- _ASSIGNMENT_
The line containing "pub memcmp-Compared : (s1" opens the span to copy, and the last line of the records below closes it. Write out that span exactly.

Stored data:

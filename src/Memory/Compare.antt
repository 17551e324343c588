-- ===== src/Memory/Compare.antt =====
-- kernel/src/gcc_utils.c: what the comparison tells.
use choco_os.Base.{
  ℕ, zero, suc, ◌+◌, ◌<◌, ◌≡◌, ltb, ◌==◌, if◌then◌else◌, ℤ, pos, negsuc, arith, Bool-cases, inl,
  inr, ◌≢◌,
}
use choco_os.Memory.{Bytes, compare_up, memcmp}

-- The result tells the first place where the bytes differ, if any, and which byte is less.
pub data Compared (m : Bytes) (s1 s2 n : ℕ) : ℤ → Type 0 where
  equal : ((j : ℕ) → j < n → m (s1 + j) ≡ m (s2 + j)) → Compared m s1 s2 n (pos 0)
  differ :
      (i : ℕ)
      → i < n
      → ((j : ℕ) → j < i → m (s1 + j) ≡ m (s2 + j))
      → m (s1 + i) ≢ m (s2 + i)
      → Compared m s1 s2 n (if ltb (m (s1 + i)) (m (s2 + i)) then negsuc 0 else pos 1)

compare_up-Compared :
    (n i s1 s2 : ℕ) (m : Bytes)
    → ((j : ℕ) → j < i → m (s1 + j) ≡ m (s2 + j))
    → Compared m s1 s2 (i + n) (compare_up n i s1 s2 m)
unfolding compare_up
compare_up-Compared zero i s1 s2 m same = equal (λ j lt. same j (omega arith))
compare_up-Compared (suc n) i s1 s2 m same = elim (Bool-cases (m (s1 + i) == m (s2 + i))) [
  | inl e ↦
      let next : i + 1 + n ≡ i + suc n = omega arith in
      rw e (
        rw next at (
          compare_up-Compared n (i + 1) s1 s2 m (λ j lt. elim (Bool-cases (j == i)) [
            | inl at ↦ let q : j ≡ i = ground arith in rw q (ground arith)
            | inr before ↦ same j (ground arith)
          ])))
  | inr ne ↦ rw ne (differ i (omega arith) same (λ q. ground arith))
]

-- `memcmp` returns 0 when the two ranges are equal, and else -1 or 1 as the first bytes that differ are
-- in order or not.
pub memcmp-Compared : (s1 s2 n : ℕ) (m : Bytes) → Compared m s1 s2 n (memcmp s1 s2 n m)
unfolding memcmp
memcmp-Compared s1 s2 n m =
    let all : 0 + n ≡ n = omega arith in
    rw all at (compare_up-Compared n 0 s1 s2 m (λ j lt. absurd (omega arith)))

- _EXERCISE ANSWER_
pub memcmp-Compared : (s1 s2 n : ℕ) (m : Bytes) → Compared m s1 s2 n (memcmp s1 s2 n m)
unfolding memcmp
memcmp-Compared s1 s2 n m =
    let all : 0 + n ≡ n = omega arith in
    rw all at (compare_up-Compared n 0 s1 s2 m (λ j lt. absurd (omega arith)))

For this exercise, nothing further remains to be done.